“How do I get cited by AI?” is the question every brand asks us first. The honest answer is that there’s no single lever, but there are three signals that explain most of what we see in real scans. A page earns a citation when it is extractable, comes from a trusted source, and is recent enough to be safe to use.
Signal 1, Extraction: can the model lift you cleanly?
Before trust or recency matter, a model has to be able to take a usable answer out of your page. Generative engines parse documents differently from human readers: they look for self-contained units of meaning that can stand alone in an answer without the surrounding page.
- One clear claim per block, stated plainly.
- Explicit attribution: who is saying this, and on what basis.
- Structured data and clean headings that map the page’s logic.
- Answers that sit in the open, not behind tabs, accordions, or scripts.
Most marketing sites fail here first. The information is present, but it’s written for persuasion and styled for design, neither of which helps a model trying to extract a single sentence.
Signal 2, Trust: does the source belong to the pool?
Models lean on a relatively small, per-topic set of sources they have learned to treat as reliable. Membership in that pool is earned less through raw backlinks than through consistent corroboration: being mentioned, reviewed, and referenced across the other sources the model already trusts.
Recent work on retrieval-augmented generation suggests recency and source diversity are dominant factors in citation selection, not raw domain authority.
This is why third-party seeding matters. A claim that appears only on your own domain is a single point; the same claim echoed across directories, publications, and forums the model pulls from becomes a pattern it can rely on.
Signal 3, Recency: is it safe to use now?
The third signal is freshness, and it acts as a filter on the first two. A perfectly extractable, well-trusted page that reads as stale will still lose to a newer alternative, because the model treats age as a proxy for risk. We’ve written about this ten-month rule separately. It’s strong enough to deserve its own note.

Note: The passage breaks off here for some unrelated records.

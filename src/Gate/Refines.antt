-- ===== src/Gate/Refines.antt =====
-- The gate of services/connection_gate.py over Redis keeps a pool of leases (Gate/Leases.antt).
pub mod Ended
pub mod Decides
use terraformer.Base.{
  ℕ, ◌+◌, ◌≤◌, ◌≡◌, refl, sym, ◌∙◌, ap, Bool, true, false, Option, none, some, List, [], ◌∷◌, ◌⊎◌,
  inl, inr, arith, ltb, leb, ◌==◌, ==_iff, if◌then◌else◌, any, subst, Bool-cases, Option-cases,
  ◌||◌,
}
use terraformer.Errors.{gate}
use terraformer.Errors.Admission.{
  device_authentication_rate_limited, device_connection_rate_limited,
}
use terraformer.Gate.{
  ConnectionOperation, connection_test, structured_read, structured_write, terminal,
  ConnectionTarget, ConnectionPermit, Settings, Spelling, ActiveKey, Key, active, permit,
  active_keys, permit_fingerprint,
}
use terraformer.Gate.Redis.{Redis, RedisLaws, at, above, kept, one_if}
use terraformer.Gate.Transaction.{Reply, refuse, commit}
use terraformer.Gate.Admit.{
  permit_ttl, record_permit, admit, refusal, forget_permit, release_permit, is_text,
}
use terraformer.Gate.Leases.{
  Lease, Pool, is_in, counts_in, lease_count, is_held, lease_of, lease_for, give_lease, end_lease,
  take_back, stored, IsPool, is_full, has_id,
}
use terraformer.Gate.Leases.Laws.{
  IsPool-later, lease_count-over, is_held-over, is_held-fresh, stored-fresh, end_lease-IsPool,
  lease_count-end_lease, is_held-end_lease, is_held-end_lease_other, stored-end_lease,
  stored-end_lease_other,
}
use terraformer.Gate.Writes.{IsFresh, SameAt-refl}
use terraformer.Gate.Writes.Permits.{
  record_permit-Entered, record_permit-SameAt, record_permit-get, forget_permit-Left,
  forget_permit-SameAt, forget_permit-get,
}

module _ (redis : Redis) (settings : Settings) (spelling : Spelling) where
  open redis use {Db, get, zcount, zscore}

  -- The database holds this pool from `now` on: every set of live permits counts the leases that
  -- have not ended, holds their identifiers and no other, and their fingerprints are stored.
  pub record Represents (now : ℕ) (d : Db) (pool : Pool) : Type 0 where
    pub is_pool : IsPool settings now pool
    pub counts :
        (s t : ℕ) (k : ActiveKey)
        → now ≤ s
        → s ≤ t
        → zcount s (active k) (at t) d ≡ lease_count t k pool
    pub members :
        (s t : ℕ) (k : ActiveKey) (m : ℕ)
        → now ≤ s
        → s ≤ t
        → above (at t) (zscore s (active k) m d) ≡ is_held t k m pool
    pub permits : (s m : ℕ) → now ≤ s → get s (permit m) d ≡ stored spelling s m pool

  module _ (laws : RedisLaws redis) where
    pool-IsFresh :
        (now m : ℕ) (k : ActiveKey) (d : Db) (pool : Pool)
        → Represents now d pool
        → lease_of m pool ≡ none
        → IsFresh redis laws settings now m k d
    pool-IsFresh now m k d pool r f t h =
        r.members now t k m (omega arith) h ∙ is_held-fresh t k m pool f

    given-counts :
        (now s t : ℕ) (k : ActiveKey) (p : ConnectionPermit) (d : Db) (pool : Pool)
        → Represents now d pool
        → lease_of p.identifier pool ≡ none
        → now ≤ s
        → s ≤ t
        → zcount s (active k) (at t) (record_permit redis settings spelling now p d)
          ≡ lease_count t k (lease_for settings now p ∷ pool)
    unfolding lease_count
    given-counts now s t k p d pool r f u v = elim (Bool-cases (is_in p k)) [
      | inl e ↦ rw e (
          (record_permit-Entered redis laws settings spelling now p d k e
              (pool-IsFresh now p.identifier k d pool r f)).entered_count
            s t u v
          ∙ elim (Bool-cases (ltb s (now + permit_ttl settings))) [
            | inl l ↦ ground (arith, l, r.counts now t k (omega arith) (omega arith))
            | inr l ↦ ground (arith, l, lease_count-over settings now t k pool r.is_pool)
          ])
      | inr e ↦ rw e (
          (record_permit-SameAt redis laws settings spelling now p d k e).same_count s (at t)
          ∙ ground (arith, r.counts s t k u v))
    ]

    given-members :
        (now s t : ℕ) (k : ActiveKey) (m : ℕ) (p : ConnectionPermit) (d : Db) (pool : Pool)
        → Represents now d pool
        → lease_of p.identifier pool ≡ none
        → now ≤ s
        → s ≤ t
        → above (at t) (zscore s (active k) m (record_permit redis settings spelling now p d))
          ≡ is_held t k m (lease_for settings now p ∷ pool)
    unfolding is_held
    given-members now s t k m p d pool r f u v = elim (Bool-cases (is_in p k)) [
      | inl e ↦
          let x =
            record_permit-Entered redis laws settings spelling now p d k e
              (pool-IsFresh now p.identifier k d pool r f) in
          elim (Bool-cases (p.identifier == m)) [
            | inl i ↦
                subst
                  (λ n.
                    above (at t)
                      (zscore s (active k) n (record_permit redis settings spelling now p d))
                    ≡ is_held t k n (lease_for settings now p ∷ pool))
                  ((==_iff p.identifier m).0 i) (rw (x.entered_self s u, is_held, e) (ground arith))
            | inr i ↦
                rw (i, x.entered_other s m u (λ q. ground (arith, q, i)))
                  (elim (Bool-cases (ltb s (now + permit_ttl settings))) [
                    | inl l ↦ rw l (
                        later now t (zscore now (active k) m d) (omega arith)
                        ∙ r.members now t k m (omega arith) (omega arith))
                    | inr l ↦
                        rw l (sym (is_held-over settings now t k m pool r.is_pool (ground arith)))
                  ])
          ]
      | inr e ↦
          ap (above (at t))
            ((record_permit-SameAt redis laws settings spelling now p d k e).same_score s m)
          ∙ r.members s t k m u v
          ∙ passed_over e (p.identifier == m) refl
    ]
      where
        passed_over :
            is_in p k ≡ false
            → (b : Bool) → (p.identifier == m) ≡ b
            → is_held t k m pool ≡ is_held t k m (lease_for settings now p ∷ pool)
        passed_over e true i =
            is_held-fresh t k m pool
              (subst (λ n. lease_of n pool ≡ none) ((==_iff p.identifier m).0 i) f)
            ∙ rw (is_held, i, e) (ground arith)
        passed_over e false i = rw (is_held, i) refl

        later :
            (now t : ℕ) (o : Option ℕ) → now ≤ t → above (at t) (kept (at now) o) ≡ above (at t) o
        later now t none h = refl
        later now t (some x) h = ground arith

    given-permits :
        (now s m : ℕ) (p : ConnectionPermit) (d : Db) (pool : Pool)
        → Represents now d pool
        → now ≤ s
        → get s (permit m) (record_permit redis settings spelling now p d)
          ≡ stored spelling s m (lease_for settings now p ∷ pool)
    unfolding stored
    given-permits now s m p d pool r u =
        record_permit-get redis laws settings spelling now p d s m u
        ∙ ground (arith, r.permits s m u)

    -- A recorded permit is a lease given.
    pub record_permit-Represents :
        (now : ℕ) (p : ConnectionPermit) (d : Db) (pool : Pool)
        → Represents now d pool
        → lease_of p.identifier pool ≡ none
        → Represents now
            (record_permit redis settings spelling now p d)
            (lease_for settings now p ∷ pool)
    unfolding IsPool
    record_permit-Represents now p d pool r f = record {
      is_pool = (f, omega arith, r.is_pool);
      counts = λ s t k u v. given-counts now s t k p d pool r f u v;
      members = λ s t k m u v. given-members now s t k m p d pool r f u v;
      permits = λ s m u. given-permits now s m p d pool r u;
    }

    -- As time passes the leases end by themselves.
    pub Represents-later :
        (now later : ℕ) (d : Db) (pool : Pool)
        → now ≤ later
        → Represents now d pool
        → Represents later d pool
    Represents-later now later d pool h r = record {
      is_pool = IsPool-later settings now later pool h r.is_pool;
      counts = λ s t k u v. r.counts s t k (omega arith) v;
      members = λ s t k m u v. r.members s t k m (omega arith) v;
      permits = λ s m u. r.permits s m (omega arith);
    }
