-- ===== src/Gate/Refines/Ended.antt =====
-- A permit that is forgotten is a lease that ends: `release` of services/connection_gate.py.
use terraformer.Base.{
  ℕ, ◌≤◌, ◌≡◌, refl, sym, ◌∙◌, ap, Bool, true, false, none, [], ◌∷◌, arith, ◌==◌, ==_iff,
  if◌then◌else◌, All, Bool-cases, inl, inr, subst,
}
use terraformer.Gate.{ConnectionPermit, Settings, Spelling, ActiveKey, active, permit}
use terraformer.Gate.Redis.{Redis, RedisLaws, at, above}
use terraformer.Gate.Admit.{forget_permit}
use terraformer.Gate.Leases.{Lease, Pool, is_in, lease_count, is_held, end_lease, stored, has_id}
use terraformer.Gate.Leases.Laws.{
  end_lease-IsPool, lease_count-end_lease, is_held-end_lease, is_held-end_lease_other,
  stored-end_lease, stored-end_lease_other,
}
use terraformer.Gate.Writes.Permits.{forget_permit-Left, forget_permit-SameAt, forget_permit-get}
use terraformer.Gate.Refines.{Represents}

-- The lease of this permit's identifier, if there is one, is of this permit.
abbrev pub IsOf : ConnectionPermit → Lease → Type 0
IsOf p l = has_id p.identifier l ≡ true → l.permit ≡ p

-- A permit is in no set but its own.
is_held-outside :
    (t : ℕ) (k : ActiveKey) (p : ConnectionPermit) (pool : Pool)
    → All (IsOf p) pool
    → is_in p k ≡ false
    → is_held t k p.identifier pool ≡ false
unfolding is_held
is_held-outside t k p [] h e = refl
is_held-outside t k p (l ∷ ls) h e = elim (Bool-cases (has_id p.identifier l)) [
  | inl i ↦ rw (i, h.0 i, e) (ground arith)
  | inr i ↦ rw i (is_held-outside t k p ls h.1 e)
]

module _ (redis : Redis) (settings : Settings) (spelling : Spelling) (laws : RedisLaws redis) where
  open redis use {Db, get, zcount, zscore}

  module _ (now : ℕ) (p : ConnectionPermit) (d : Db) (pool : Pool)
      (r : Represents redis settings spelling now d pool) (own : All (IsOf p) pool) where
    ended-counts :
        (s t : ℕ) (k : ActiveKey)
        → now ≤ s
        → s ≤ t
        → zcount s (active k) (at t) (forget_permit redis settings p d)
          ≡ lease_count t k (end_lease p.identifier pool)
    ended-counts s t k u v = elim (Bool-cases (is_in p k)) [
      | inl e ↦ ground (
        arith,
        (forget_permit-Left redis laws settings p d k e).left_count s (at t),
        r.counts s t k u v,
        r.members s t k p.identifier u v,
        lease_count-end_lease settings now t k p.identifier pool r.is_pool,
      )
      | inr e ↦
          (forget_permit-SameAt redis laws settings p d k e).same_count s (at t)
          ∙ ground (
            arith,
            r.counts s t k u v,
            is_held-outside t k p pool own e,
            lease_count-end_lease settings now t k p.identifier pool r.is_pool,
          )
    ]

    ended-members :
        (s t : ℕ) (k : ActiveKey) (m : ℕ)
        → now ≤ s
        → s ≤ t
        → above (at t) (zscore s (active k) m (forget_permit redis settings p d))
          ≡ is_held t k m (end_lease p.identifier pool)
    ended-members s t k m u v = elim (Bool-cases (is_in p k)) [
      | inl e ↦ inside e (p.identifier == m) refl
      | inr e ↦
          ap (above (at t)) ((forget_permit-SameAt redis laws settings p d k e).same_score s m)
          ∙ r.members s t k m u v
          ∙ outside e (p.identifier == m) refl
    ]
      where
        inside :
            is_in p k ≡ true
            → (b : Bool) → (p.identifier == m) ≡ b
            → above (at t) (zscore s (active k) m (forget_permit redis settings p d))
              ≡ is_held t k m (end_lease p.identifier pool)
        inside e true i =
            subst
              (λ n.
                above (at t) (zscore s (active k) n (forget_permit redis settings p d))
                ≡ is_held t k n (end_lease p.identifier pool))
              ((==_iff p.identifier m).0 i)
              (rw ((forget_permit-Left redis laws settings p d k e).left_self s)
                (sym (is_held-end_lease t k p.identifier pool)))
        inside e false i =
            ap (above (at t)) (
              (forget_permit-Left redis laws settings p d k e).left_other s m
                (λ q. ground (arith, q, i)))
            ∙ r.members s t k m u v
            ∙ sym (is_held-end_lease_other t k p.identifier m pool i)

        outside :
            is_in p k ≡ false
            → (b : Bool) → (p.identifier == m) ≡ b
            → is_held t k m pool ≡ is_held t k m (end_lease p.identifier pool)
        outside e true i =
            subst (λ n. is_held t k n pool ≡ is_held t k n (end_lease p.identifier pool))
              ((==_iff p.identifier m).0 i)
              (is_held-outside t k p pool own e ∙ sym (is_held-end_lease t k p.identifier pool))
        outside e false i = sym (is_held-end_lease_other t k p.identifier m pool i)

    ended-permits :
        (s m : ℕ)
        → now ≤ s
        → get s (permit m) (forget_permit redis settings p d)
          ≡ stored spelling s m (end_lease p.identifier pool)
    ended-permits s m u =
        forget_permit-get redis laws settings p d s m ∙ go (p.identifier == m) refl
      where
        go :
            (b : Bool)
            → (p.identifier == m) ≡ b
            → (if p.identifier == m then none else get s (permit m) d)
              ≡ stored spelling s m (end_lease p.identifier pool)
        go true i =
            rw (i, sym ((==_iff p.identifier m).0 i))
              (sym (stored-end_lease spelling s p.identifier pool))
        go false i =
            rw i (r.permits s m u ∙ sym (stored-end_lease_other spelling s p.identifier m pool i))

    pub forget_permit-Represents :
        Represents redis settings spelling now
          (forget_permit redis settings p d)
          (end_lease p.identifier pool)
    forget_permit-Represents = record {
      is_pool = end_lease-IsPool settings now p.identifier pool r.is_pool;
      counts = ended-counts;
      members = ended-members;
      permits = ended-permits;
    }
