-- ===== src/Gate/Refines/Decides.antt =====
-- `admit` of services/connection_gate.py decides as the pool of leases does, beyond what the rate
-- limits and the cooldown refuse.
use terraformer.Base.{
  ℕ, ◌≡◌, refl, ap, Bool, true, false, ◌||◌, Option, none, some, ◌∷◌, arith, leb, if◌then◌else◌,
  any, inl, inr, ◌⊎◌,
}
use terraformer.Errors.{gate}
use terraformer.Errors.Admission.{
  GateError, device_connection_rate_limited, device_authentication_rate_limited,
  device_connection_limit_reached, terminal_session_limit_reached,
}
use terraformer.Gate.{
  ConnectionOperation, connection_test, structured_read, structured_write, terminal,
  ConnectionTarget, ConnectionPermit, Settings, Spelling, global, terminals, device_active,
  terminal_device, active_keys, rate_limit, cooldown_key,
}
use terraformer.Gate.Redis.{Redis, RedisLaws}
use terraformer.Gate.Admit.{
  admit, refusal, answered, active_count, is_terminal_full, is_device_full, is_over_rate, is_some,
}
use terraformer.Gate.Transaction.{Reply, refuse, commit}
use terraformer.Gate.Leases.{Pool, lease_of, lease_for, give_lease, is_full, limit_of}
use terraformer.Gate.Refines.{Represents, record_permit-Represents}

-- A terminal needs a device.
abbrev pub is_addressed : ConnectionOperation → Option ℕ → Bool
is_addressed terminal none = false
is_addressed terminal (some device) = true
is_addressed connection_test device = true
is_addressed structured_read device = true
is_addressed structured_write device = true

module _ (redis : Redis) (settings : Settings) (spelling : Spelling) where
  open redis use {Db, get}

  -- Refused for too many attempts or failures, or because a set is full; or admitted, and the pool
  -- has the lease.
  unfoldable pub Decides : ℕ → ConnectionPermit → Db → Pool → Reply Db ConnectionPermit → Type 0
  Decides now p d pool (refuse e) =
      (e ≡ gate device_authentication_rate_limited)
      ⊎ (e ≡ gate device_connection_rate_limited)
      ⊎ (give_lease settings now p pool ≡ none)
  Decides now p d pool (commit q writes) =
      (q ≡ p)
      × (give_lease settings now p pool ≡ some (lease_for settings now p ∷ pool))
      × Represents redis settings spelling now (writes d) (lease_for settings now p ∷ pool)

  -- The error that the checks give, and whether a set is full.
  Judges : Bool → Option GateError → Type 0
  Judges full none = full ≡ false
  Judges full (some e) =
      (e ≡ device_authentication_rate_limited)
      ⊎ (e ≡ device_connection_rate_limited)
      ⊎ (full ≡ true)

  chain-Judges :
      (cooldown rate global terminal device full : Bool)
      → full ≡ (global || terminal || device)
      → Judges full (
          if cooldown
          then some device_authentication_rate_limited
          else if rate
          then some device_connection_rate_limited
          else if global
          then some device_connection_limit_reached
          else if terminal
          then some terminal_session_limit_reached
          else if device
          then some device_connection_limit_reached
          else none)
  unfolding Judges
  chain-Judges true rate g t d full h = inl refl
  chain-Judges false true g t d full h = inr (inl refl)
  chain-Judges false false true t d full h = inr (inr (ground (arith, h)))
  chain-Judges false false false true d full h = inr (inr (ground (arith, h)))
  chain-Judges false false false false true full h = inr (inr (ground (arith, h)))
  chain-Judges false false false false false full h = h

  pub sets-full :
      (now : ℕ) (operation : ConnectionOperation) (target : ConnectionTarget) (device : Option ℕ)
      (d : Db) (pool : Pool)
      → Represents redis settings spelling now d pool
      → is_addressed operation device ≡ true
      → any
          (is_full settings now pool)
          (active_keys operation (record target { device_id = device }))
        ≡ (leb settings.max_device_connections (active_count redis settings now global d)
            || is_terminal_full redis settings now operation device d
            || is_device_full redis settings now device d)
  unfolding active_keys active_count is_terminal_full is_device_full limit_of
  sets-full now connection_test target none d pool r h =
      rw (r.counts now now global (omega arith) (omega arith)) (ground arith)
  sets-full now connection_test target (some x) d pool r h =
      rw
        (
          r.counts now now global (omega arith) (omega arith),
          r.counts now now (device_active x) (omega arith) (omega arith),
        )
        (ground arith)
  sets-full now structured_read target none d pool r h =
      rw (r.counts now now global (omega arith) (omega arith)) (ground arith)
  sets-full now structured_read target (some x) d pool r h =
      rw
        (
          r.counts now now global (omega arith) (omega arith),
          r.counts now now (device_active x) (omega arith) (omega arith),
        )
        (ground arith)
  sets-full now structured_write target none d pool r h =
      rw (r.counts now now global (omega arith) (omega arith)) (ground arith)
  sets-full now structured_write target (some x) d pool r h =
      rw
        (
          r.counts now now global (omega arith) (omega arith),
          r.counts now now (device_active x) (omega arith) (omega arith),
        )
        (ground arith)
  sets-full now terminal target none d pool r h = cc h
  sets-full now terminal target (some x) d pool r h =
      rw
        (
          r.counts now now global (omega arith) (omega arith),
          r.counts now now (device_active x) (omega arith) (omega arith),
          r.counts now now terminals (omega arith) (omega arith),
          r.counts now now (terminal_device x) (omega arith) (omega arith),
        )
        (ground arith)

  module _ (laws : RedisLaws redis) where
    refusal-Judges :
        (now : ℕ) (operation : ConnectionOperation) (target : ConnectionTarget) (d : Db)
        (pool : Pool)
        → Represents redis settings spelling now d pool
        → is_addressed operation target.device_id ≡ true
        → Judges
            (any (is_full settings now pool) (active_keys operation target))
            (refusal redis settings now operation target d)
    unfolding refusal
    refusal-Judges now operation target d pool r h =
        chain-Judges (is_some (get now (cooldown_key target) d))
          (is_over_rate redis settings now (rate_limit settings operation target) d) _ _ _ _
          (sets-full now operation target target.device_id d pool r h)

    -- Over a database that holds a pool, an addressed request is refused for its rate or a cooldown,
    -- or exactly as the pool refuses it, or it is admitted as the pool admits it, and then the
    -- database holds the pool with the new lease.
    pub admit-Decides :
        (now : ℕ) (p : ConnectionPermit) (d : Db) (pool : Pool)
        → Represents redis settings spelling now d pool
        → lease_of p.identifier pool ≡ none
        → is_addressed p.operation p.target.device_id ≡ true
        → Decides now p d pool (admit redis settings spelling p now d)
    unfolding admit Judges Decides give_lease
    admit-Decides now p d pool r f h =
        go (refusal redis settings now p.operation p.target d)
          (refusal-Judges now p.operation p.target d pool r h)
      where
        go :
            (e : Option GateError)
            → Judges (any (is_full settings now pool) (active_keys p.operation p.target)) e
            → Decides now p d pool (answered redis settings spelling now p e)
        go none j = (
          refl,
          rw j refl,
          record_permit-Represents redis settings spelling laws now p d pool r f,
        )
        go (some e) (inl j) = inl (ap gate j)
        go (some e) (inr (inl j)) = inr (inl (ap gate j))
        go (some e) (inr (inr j)) = inr (inr (rw j refl))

Putting the three together
The signals are multiplicative, not additive. Being extremely extractable doesn’t help if you’re outside the trusted pool. Being trusted doesn’t help if the model can’t lift a clean claim. Being fresh doesn’t help if neither of the other two holds. The work, then, is to move all three at once, which is exactly how we structure an engagement:
- Diagnose where you stand on each signal, per model.
- Build for extraction and seed the trusted pool.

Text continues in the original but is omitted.